Sprint reportedly pushing for T-Mobile merger to better compete with AT&T and Verizon
The U.S. has four major carriers, and two of them are reportedly discussing a merger: Sprint and T-Mobile.
Sprint is the nation's third largest carrier, while T-Mobile comes in fourth. According to a new report, Sprint is considering a potential bid for T-Mobile, which would lead to a merger of the two companies.
Citing "people familiar with the matter," The Wall Street Journal claims that Sprint is currently "studying regulatory concerns" and it could be ready to place a bid as soon as the first half of next year.

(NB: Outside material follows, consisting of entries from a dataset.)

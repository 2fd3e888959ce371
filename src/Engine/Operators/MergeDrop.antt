-- ===== src/Engine/Operators/MergeDrop.antt =====
-- src/engine/operators/merge_drop.rs: a further group column, by the ops of a deduplicating merge.
pub mod Columns
use locust_db.Prelude.{Option, none, some, List, [], ◌∷◌, ◌++◌}
use locust_db.Engine.Operators.MergeDeduplicate.{MergeOp, take_left, take_right, merge_right}

module _ {ℓ} {T : Type ℓ} where
  unfoldable pub drop_loop : (ops : List MergeOp) (l r : List T) → List T → Option (List T)
  drop_loop [] l r result = some result
  drop_loop (take_left ∷ ops) [] r result = none
  drop_loop (take_left ∷ ops) (x ∷ l) r result = drop_loop ops l r (result ++ x ∷ [])
  drop_loop (take_right ∷ ops) l [] result = none
  drop_loop (take_right ∷ ops) l (y ∷ r) result = drop_loop ops l r (result ++ y ∷ [])
  -- `j += 1` alone: past the end of `right` it stays past the end
  drop_loop (merge_right ∷ ops) l [] result = drop_loop ops l [] result
  drop_loop (merge_right ∷ ops) l (y ∷ r) result = drop_loop ops l r result

  unfoldable pub merge_drop : (ops : List MergeOp) (left right : List T) → Option (List T)
  unfolding drop_loop
  merge_drop ops left right = drop_loop ops left right []
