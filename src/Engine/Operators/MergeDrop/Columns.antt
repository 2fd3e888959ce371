-- ===== src/Engine/Operators/MergeDrop/Columns.antt =====
-- The ops of `merge_deduplicate`, replayed by `merge_drop` on a column that the keys determine.
use locust_db.Prelude.{
  ◌≡◌, ap, sym, ◌∙◌, inl, inr, Bool-cases, Option, none, some, List, [], ◌∷◌, ◌++◌, map,
  append_assoc, append-nil, length, replicate, Ord, arith,
}
use locust_db.Engine.Operators.MergeDeduplicate.{take_left, take_right, is_last, merge_deduplicate}
use locust_db.Engine.Operators.MergeDeduplicate.Steps.{steps, merge_deduplicate-steps}
use locust_db.Engine.Operators.MergeDrop.{drop_loop, merge_drop}

module _ {ℓ κ} {K : Type ℓ} {V : Type κ} (f : K → V) where
  drop_all_left :
      (l : List K) (r result : List V)
      → drop_loop (replicate (length l) take_left) (map f l) r result ≡ some (result ++ map f l)
  unfolding drop_loop
  drop_all_left [] r result = ap some (sym (append-nil result))
  drop_all_left (x ∷ l) r result =
      drop_all_left l r (result ++ f x ∷ []) ∙ ap some (append_assoc result (f x ∷ []) (map f l))

  drop_all_right :
      (r : List K) (l result : List V)
      → drop_loop (replicate (length r) take_right) l (map f r) result ≡ some (result ++ map f r)
  unfolding drop_loop
  drop_all_right [] l result = ap some (sym (append-nil result))
  drop_all_right (y ∷ r) l result =
      drop_all_right r l (result ++ f y ∷ []) ∙ ap some (append_assoc result (f y ∷ []) (map f r))

module _ {ℓ κ} {K : Type ℓ} {V : Type κ} ⦃o : Ord K⦄ (f : K → V) where
  drop_loop-steps :
      (last : Option K) (l r : List K) (result : List V)
      → drop_loop (steps last l r).1 (map f l) (map f r) result
        ≡ some (result ++ map f (steps last l r).0)
  unfolding drop_loop steps
  drop_loop-steps last [] [] result = ap some (sym (append-nil result))
  drop_loop-steps last [] (y ∷ r) result = elim (Bool-cases (is_last last y)) [
    | inl e ↦ rw (e, steps) (drop_all_right f r [] result)
    | inr e ↦ rw (e, steps) (drop_all_right f (y ∷ r) [] result)
  ]
  drop_loop-steps last (x ∷ l) [] result = drop_all_left f (x ∷ l) [] result
  drop_loop-steps last (x ∷ l) (y ∷ r) result = ground (
    arith,
    drop_loop-steps last (x ∷ l) r result,
    drop_loop-steps (some x) l (y ∷ r) (result ++ f x ∷ []),
    drop_loop-steps (some y) (x ∷ l) r (result ++ f y ∷ []),
    append_assoc result (f x ∷ []) (map f (steps (some x) l (y ∷ r)).0),
    append_assoc result (f y ∷ []) (map f (steps (some y) (x ∷ l) r).0),
  )

  -- For any two columns of keys, and a further column that is a function of the key: `merge_drop`,
  -- by the ops of `merge_deduplicate`, reads no element out of range and returns that function of
  -- the deduplicated keys.
  pub merge_drop-merge_deduplicate :
      (left right : List K)
      → merge_drop (merge_deduplicate left right).1 (map f left) (map f right)
        ≡ some (map f (merge_deduplicate left right).0)
  unfolding merge_drop
  merge_drop-merge_deduplicate left right =
      rw (merge_deduplicate-steps left right) (drop_loop-steps none left right [])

Sprint executives have reportedly been considering a merger with T-Mobile for several years, as the resulting company would be able to better compete against heavyweights AT&T and Verizon Wireless, the nation's two largest carriers. After a potential AT&T/T-Mobile merger failed to materialize, according to the WSJ, executives from both companies have stated that a merger should be allowed. Sprint, meanwhile, had been interested in a deal with T-Mobile even before the whole AT&T/T-Mobile merger fell through.
According to various previous reports, Sprint made an attempted bit for T-Mobile in 2010. AT&T then placed a $39 billion bid on T-Mobile in early 2011, prompting Sprint to file a federal lawsuit against both AT&T and T-Mobile to try and stop the deal from materializing. The Department of Justice (DOJ) later forced AT&T to pull out of the merger by filing an antitrust lawsuit against the deal.
At the time, regulators argued that such a merger between AT&T and T-Mobile would negatively affect competition across the U.S. Some might see a Sprint/T-Mobile merger as raising the same issue, with the same negative impact on competition for such services.
Sprint and T-Mobile executives reportedly argued, however, that only through such a merger the two companies would have a real chance to compete against the powerful AT&T and Verizon. AT&T's subscriber base is nearly 110 million, while Verizon has almost 120 million subscribers. Together, Sprint and T-Mobile have a combined user base of 53 million users. This means that even joining forces, Sprint and T-Mobile would still have about half of the subscriber base of AT&T or Verizon.
The purported merger between Sprint and T-Mobile is still in discussion and nothing is certain for now, which means that it may or may not materialize. Such a deal will definitely be tough to achieve, but it would significantly boost their relevance in competing with AT&T and Verizon. The stakes are high, but Sprint seems determined to see this through. Will we see a Sprint Mobile next year? A T-Sprint? Only time will tell.